May 9—The international Schiller Institute has always, since its founding in 1984, stressed the central importance of Classical music for locating and developing the intrinsic creative and agapic nature of being human. On January 19, 2014, the Schiller Institute and friends held a “Remembrance of President John F. Kennedy” concert at the Cathedral of the Holy Cross in Boston, Massachusetts. It was exactly 50 years after a Memorial Mass had been held at the same location on January 19, 1964, at the request of Jacqueline Kennedy. On both occasions, the Mass held in 1964 and the memorial in 2014, the Mozart Requiem was performed.
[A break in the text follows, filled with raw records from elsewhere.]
-- ===== src/Cli/Pair/Ensures.antt =====
-- Rules for what a completed step of the flow of crates/syauth-cli/src/pair.rs ensures.
use syauth.Base.{Bool, true, false, Result, ok, err, if◌then◌else◌, ◌≡◌, refl}
use syauth.Cli.Pair.{PairError}
use syauth.Cli.Pair.Flow.{PairRun, M, after, ◌>>=◌, ◌>>◌, lift}

-- What holds of the value and the state of a completed run.
unfoldable pub Post : {A : Type 0} → (A → PairRun → Type 0) → Result A PairError × PairRun → Type 0
Post Q (ok a, t) = Q a t
Post Q (err e, t) = Unit

unfoldable pub Ensures : {A : Type 0} → M A → (A → PairRun → Type 0) → Type 0
Ensures m Q = (s : PairRun) → Post Q (m s)

pub Post-after :
    {A B : Type 0} (Q : B → PairRun → Type 0) (f : A → M B) (r : Result A PairError × PairRun)
    → ((a : A) → r.0 ≡ ok a → Ensures (f a) Q)
    → Post Q (after f r)
unfolding Post Ensures
Post-after Q f (ok a, t) h = h a refl t
Post-after Q f (err e, t) h = tt

pub Post-seq :
    {A B : Type 0} (P : A → PairRun → Type 0) (Q : B → PairRun → Type 0) (f : A → M B)
    → (r : Result A PairError × PairRun) → Post P r
    → ((a : A) (t : PairRun) → P a t → Post Q (f a t))
    → Post Q (after f r)
unfolding Post
Post-seq P Q f (ok a, t) g h = h a t g
Post-seq P Q f (err e, t) g h = tt

pub ensures_bind :
    {A B : Type 0} (Q : B → PairRun → Type 0) (m : M A) (f : A → M B)
    → ((a : A) → Ensures (f a) Q)
    → Ensures (m >>= f) Q
unfolding Ensures
ensures_bind Q m f h s = Post-after Q f (m s) (λ a _. h a)

pub ensures_seq :
    {A B : Type 0} (P : A → PairRun → Type 0) (Q : B → PairRun → Type 0) (m : M A) (f : A → M B)
    → Ensures m P
    → ((a : A) (t : PairRun) → P a t → Ensures (f a) Q)
    → Ensures (m >>= f) Q
unfolding Ensures
ensures_seq P Q m f g h s = Post-seq P Q f (m s) (g s) (λ a t q. h a t q t)

pub ensures_then :
    {B : Type 0} (Q : B → PairRun → Type 0) (m : M (Unit {0})) (k : M B)
    → Ensures k Q
    → Ensures (m >> k) Q
ensures_then Q m k h = ensures_bind Q m (λ _. k) (λ _. h)

pub ensures_lift :
    {A B : Type 0} (Q : B → PairRun → Type 0) (r : Result A PairError) (f : A → M B)
    → ((a : A) → r ≡ ok a → Ensures (f a) Q)
    → Ensures (lift r >>= f) Q
unfolding Ensures
ensures_lift Q r f h s = Post-after Q f (r, s) h

pub ensures_ok :
    {A : Type 0} (Q : A → PairRun → Type 0) (a : A)
    → ((t : PairRun) → Q a t)
    → Ensures (lift (ok a)) Q
unfolding Post Ensures
ensures_ok Q a h s = h s

pub ensures_err : {A : Type 0} (Q : A → PairRun → Type 0) (e : PairError) → Ensures (lift (err e)) Q
unfolding Post Ensures
ensures_err Q e s = tt

pub ensures_if :
    {A : Type 0} (Q : A → PairRun → Type 0) (b : Bool) (m k : M A)
    → (b ≡ true → Ensures m Q)
    → (b ≡ false → Ensures k Q)
    → Ensures (if b then m else k) Q
ensures_if Q true m k h g = h refl
ensures_if Q false m k h g = g refl

pub Post-weaken :
    {A : Type 0} (P Q : A → PairRun → Type 0) (r : Result A PairError × PairRun)
    → Post P r
    → ((a : A) (t : PairRun) → P a t → Q a t)
    → Post Q r
unfolding Post
Post-weaken P Q (ok a, t) h k = k a t h
Post-weaken P Q (err e, t) h k = tt

pub ensures_weaken :
    {A : Type 0} (P Q : A → PairRun → Type 0) (m : M A)
    → Ensures m P
    → ((a : A) (t : PairRun) → P a t → Q a t)
    → Ensures m Q
unfolding Ensures
ensures_weaken P Q m h k s = Post-weaken P Q (m s) (h s) k
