-- ===== src/Cli/Pair/Picked.antt =====
-- Which phone crates/syauth-cli/src/pair.rs picks among those of a scan.
use syauth.Base.{
  Bool, true, false, any, Text, List, [], ◌∷◌, ◌++◌, Option, none, some, Result, ok, err, filter,
  ◌≡◌, ◌≢◌, refl, sym, ap, subst, Bool-cases, inl, inr,
}
use syauth.Cli.Pair.{PairCandidate, PairError, TextOps, filter_candidates, pick_unambiguous}

-- The phone has the name that the operator asked for, where one was asked for.
abbrev pub name_fits : TextOps → Option Text → PairCandidate → Bool
name_fits ops none c = true
name_fits ops (some needle) c = ops.contains c.name needle

-- The phone is in the scan, its name fits, and that of no other place of the scan does.
pub record IsOnlyFit (fits : PairCandidate → Bool) (scan : List PairCandidate)
    (chosen : PairCandidate) : Type 0 where
  pub before : List PairCandidate
  pub later : List PairCandidate
  pub parts : scan ≡ before ++ chosen ∷ later
  pub fit : fits chosen ≡ true
  pub none_before : any fits before ≡ false
  pub none_later : any fits later ≡ false

nonempty : {A : Type 0} {x : A} {xs : List A} → [] ≢ x ∷ xs
nonempty h = cc

heads : {x y : PairCandidate} {xs ys : List PairCandidate} → x ∷ xs ≡ y ∷ ys → x ≡ y
heads h = cc

tails : {x y : PairCandidate} {xs ys : List PairCandidate} → x ∷ xs ≡ y ∷ ys → xs ≡ ys
tails h = cc

failed :
    {e : PairError} {c : PairCandidate} → ◌≢◌ {A = Result PairCandidate PairError} (err e) (ok c)
failed h = cc

pick-one :
    (cs : List PairCandidate) (auto : Bool) (c : PairCandidate)
    → pick_unambiguous cs auto ≡ ok c
    → cs ≡ c ∷ []
unfolding pick_unambiguous
pick-one [] auto c h = absurd (failed h)
pick-one (d ∷ []) auto c h = ap (λ (x : PairCandidate). x ∷ []) (same h)
  where
    same : {x : PairCandidate} → ◌≡◌ {A = Result PairCandidate PairError} (ok x) (ok c) → x ≡ c
    same q = cc
pick-one (d ∷ e ∷ rest) true c h = absurd (failed h)
pick-one (d ∷ e ∷ rest) false c h = absurd (failed h)

module _ (fits : PairCandidate → Bool) where
  filter-none : (cs : List PairCandidate) → filter fits cs ≡ [] → any fits cs ≡ false
  filter-none [] h = refl
  filter-none (c ∷ cs) h = elim (Bool-cases (fits c)) [
    | inl e ↦ absurd (nonempty (sym (rw e at h)))
    | inr e ↦ rw e (filter-none cs (rw e at h))
  ]

  filter-IsOnlyFit :
      (cs : List PairCandidate) (c : PairCandidate) → filter fits cs ≡ c ∷ [] → IsOnlyFit fits cs c
  filter-IsOnlyFit [] c h = absurd (nonempty h)
  filter-IsOnlyFit (d ∷ cs) c h = elim (Bool-cases (fits d)) [
    | inl e ↦
        let q : d ∷ filter fits cs ≡ c ∷ [] = rw e at h in
        record {
          before = [];
          later = cs;
          parts = ap (λ (x : PairCandidate). x ∷ cs) (heads q);
          fit = subst (λ (x : PairCandidate). fits x ≡ true) (heads q) e;
          none_before = refl;
          none_later = filter-none cs (tails q);
        }
    | inr e ↦
        let r = filter-IsOnlyFit cs c (rw e at h) in
        record {
          before = d ∷ r.before;
          later = r.later;
          parts = ap (λ (xs : List PairCandidate). d ∷ xs) r.parts;
          fit = r.fit;
          none_before = rw e r.none_before;
          none_later = r.none_later;
        }
  ]

pub pick_unambiguous-IsOnlyFit :
    (ops : TextOps) (scan : List PairCandidate) (peer : Option Text) (auto : Bool)
    (c : PairCandidate)
    → pick_unambiguous (filter_candidates ops scan peer) auto ≡ ok c
    → IsOnlyFit (name_fits ops peer) scan c
unfolding filter_candidates
pick_unambiguous-IsOnlyFit ops scan none auto c h = record {
  before = [];
  later = [];
  parts = pick-one scan auto c h;
  fit = refl;
  none_before = refl;
  none_later = refl;
}
pick_unambiguous-IsOnlyFit ops scan (some needle) auto c h =
    filter-IsOnlyFit (name_fits ops (some needle)) scan c
      (pick-one (filter_candidates ops scan (some needle)) auto c h)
Indeed, the tenor soloist for the 1964 service, Nicholas di Virgilio, presented his recollections to the 2014 memorial concert, which featured audio excerpts of many of JFK’s speeches between movements of the Requiem.
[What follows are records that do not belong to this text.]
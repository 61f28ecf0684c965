-- ===== src/Predicate.antt =====
-- When an instruction executes: `TriState` of src/Utils.hpp, the predicates of src/OpcodeInfo.hpp and
-- src/x86/Predicate.cpp, and `Instruction::willExecute` of src/Instruction.cpp.
pub mod Sound
pub mod Pairs
use drob.Prelude.{ℕ, ◌==◌, if◌then◌else◌, not, Option, none, some, List, ◌∷◌, [], ◌>>=◌}
use drob.Value.{get_type, is_imm, get_imm64}
use drob.Registers.{Register, cf, zf, sf, pf, of, ecx, rcx, full}
use drob.Program.{ProgramState, get_register}

-- `TriState`
pub data TriState : Type 0 where
  tri_false tri_true tri_unknown : TriState

-- `operator&=`: the value of the left side afterwards.
unfoldable pub tri_and : TriState → TriState → TriState
tri_and tri_true tri_true = tri_true
tri_and lhs tri_false = tri_false
tri_and tri_false rhs = tri_false
tri_and lhs rhs = lhs

-- `operator|=`: the value of the left side afterwards.
unfoldable pub tri_or : TriState → TriState → TriState
tri_or lhs tri_true = tri_true
tri_or tri_true rhs = tri_true
tri_or lhs tri_unknown = tri_unknown
tri_or tri_unknown rhs = tri_unknown
tri_or lhs rhs = lhs

-- `PredComparator`
pub data PredComparator : Type 0 where
  equal not_equal : PredComparator

-- `PredConjunction`
pub data PredConjunction : Type 0 where
  no_conjunction conj_and conj_or : PredConjunction

-- `PredComparand`
pub data PredComparand : Type 0 where
  reg_side : Register → PredComparand
  imm_side : ℕ → PredComparand

-- `PredComparison`
pub record PredComparison : Type 0 where
  pub lhs : PredComparand
  pub comp : PredComparator
  pub rhs : PredComparand
  pub con : PredConjunction

-- `Predicate`: the comparisons that are there.
abbrev pub Predicate : Type 0
Predicate = List PredComparison

-- The macros `RI` and `RR`, and the predicates that they define.
abbrev pub ri : Register → PredComparator → ℕ → PredConjunction → PredComparison
ri reg comp v con = record { lhs = reg_side reg; comp = comp; rhs = imm_side v; con = con }

abbrev pub rr : Register → PredComparator → Register → PredConjunction → PredComparison
rr reg comp reg2 con = record { lhs = reg_side reg; comp = comp; rhs = reg_side reg2; con = con }

abbrev pub pred_b : Predicate
pred_b = ri cf equal 1 no_conjunction ∷ []

abbrev pub pred_z : Predicate
pred_z = ri zf equal 1 no_conjunction ∷ []

abbrev pub pred_s : Predicate
pred_s = ri sf equal 1 no_conjunction ∷ []

abbrev pub pred_p : Predicate
pred_p = ri pf equal 1 no_conjunction ∷ []

abbrev pub pred_o : Predicate
pred_o = ri of equal 1 no_conjunction ∷ []

abbrev pub pred_nb : Predicate
pred_nb = ri cf equal 0 no_conjunction ∷ []

abbrev pub pred_nz : Predicate
pred_nz = ri zf equal 0 no_conjunction ∷ []

abbrev pub pred_ns : Predicate
pred_ns = ri sf equal 0 no_conjunction ∷ []

abbrev pub pred_np : Predicate
pred_np = ri pf equal 0 no_conjunction ∷ []

abbrev pub pred_no : Predicate
pred_no = ri of equal 0 no_conjunction ∷ []

abbrev pub pred_ecx0 : Predicate
pred_ecx0 = ri ecx equal 0 no_conjunction ∷ []

abbrev pub pred_rcx0 : Predicate
pred_rcx0 = ri rcx equal 0 no_conjunction ∷ []

abbrev pub pred_nl : Predicate
pred_nl = rr sf equal of no_conjunction ∷ []

abbrev pub pred_l : Predicate
pred_l = rr sf not_equal of no_conjunction ∷ []

abbrev pub pred_be : Predicate
pred_be = ri cf equal 1 conj_or ∷ ri zf equal 1 no_conjunction ∷ []

abbrev pub pred_le : Predicate
pred_le = ri zf equal 1 conj_or ∷ rr sf not_equal of no_conjunction ∷ []

abbrev pub pred_nbe : Predicate
pred_nbe = ri cf equal 0 conj_and ∷ ri zf equal 0 no_conjunction ∷ []

abbrev pub pred_nle : Predicate
pred_nle = ri zf equal 0 conj_and ∷ rr sf equal of no_conjunction ∷ []

-- What the state knows of a side: nothing, unless it is an immediate.
pub side_value : ProgramState → PredComparand → Option (Option ℕ)
side_value ps (imm_side v) = some (some v)
side_value ps (reg_side reg) = do
  data' ← get_register ps reg full
  some (if is_imm (get_type data') then some (get_imm64 data') else none)

abbrev pub compare_known : PredComparator → ℕ → ℕ → TriState
compare_known equal lhs rhs = if lhs == rhs then tri_true else tri_false
compare_known not_equal lhs rhs = if not (lhs == rhs) then tri_true else tri_false

abbrev pub compare_values : PredComparator → Option ℕ → Option ℕ → TriState
compare_values comp (some lhs) (some rhs) = compare_known comp lhs rhs
compare_values comp lhs rhs = tri_unknown

unfoldable pub compare_sides : ProgramState → PredComparison → Option TriState
unfolding side_value
compare_sides ps comp = do
  lhs ← side_value ps comp.lhs
  rhs ← side_value ps comp.rhs
  some (compare_values comp.comp lhs rhs)

unfoldable pub combine : PredConjunction → TriState → TriState → TriState
unfolding tri_and tri_or
combine no_conjunction result tmp = tmp
combine conj_and result tmp = tri_and result tmp
combine conj_or result tmp = tri_or result tmp

-- The loop. A last comparison that announces another one makes it read past the array, a fault.
pub will_execute_from :
    ProgramState → List PredComparison → PredConjunction → TriState → Option TriState
unfolding compare_sides
will_execute_from ps [] last_con result = none
will_execute_from ps (comp ∷ comps) last_con result = do
  tmp ← compare_sides ps comp
  let result' = combine last_con result tmp
  let rest = will_execute_from ps comps comp.con result'
  elim comp.con [ no_conjunction ↦ some result' | _ ↦ rest ]

-- `willExecute`; the first argument is the `opcodeInfo`, if there is one, with its predicate, if
-- there is one.
unfoldable pub will_execute : Option (Option Predicate) → ProgramState → Option TriState
unfolding will_execute_from
will_execute none ps = some tri_unknown
will_execute (some none) ps = some tri_true
will_execute (some (some p)) ps = will_execute_from ps p no_conjunction tri_unknown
The year 2014 was a time of increasing violence and injustice in the nation and the world, from Iraq and Afghanistan to Ferguson, Missouri and Brooklyn, New York. On December 20 of that year, what would soon become the Schiller Institute NYC Community Chorus came into being spontaneously at the initiative of Schiller Institute organizer Diane Sare, in an attempt to prevent a violent response to such injustice from overtaking New York City as well—not through opposing that violence physically—but by inspiring people to find the “better angels of their nature” through the reason and beauty of Classical music.

An impromptu sing-along concert of George Frideric Handel’s oratorio Messiah was held in Manhattan, on very short notice, dedicated to “A Celebration of the Principle of the Sanctity of Every Human Life.” The event was organized in a matter of days, with no planning beforehand for orchestra, chorus, or soloists, but with an open invitation that “all are welcome to sing.” Adding to the challenge of quickly finding instrumentalists who would participate, the concert was performed at the proper Verdi tuning of A = 432 Hertz.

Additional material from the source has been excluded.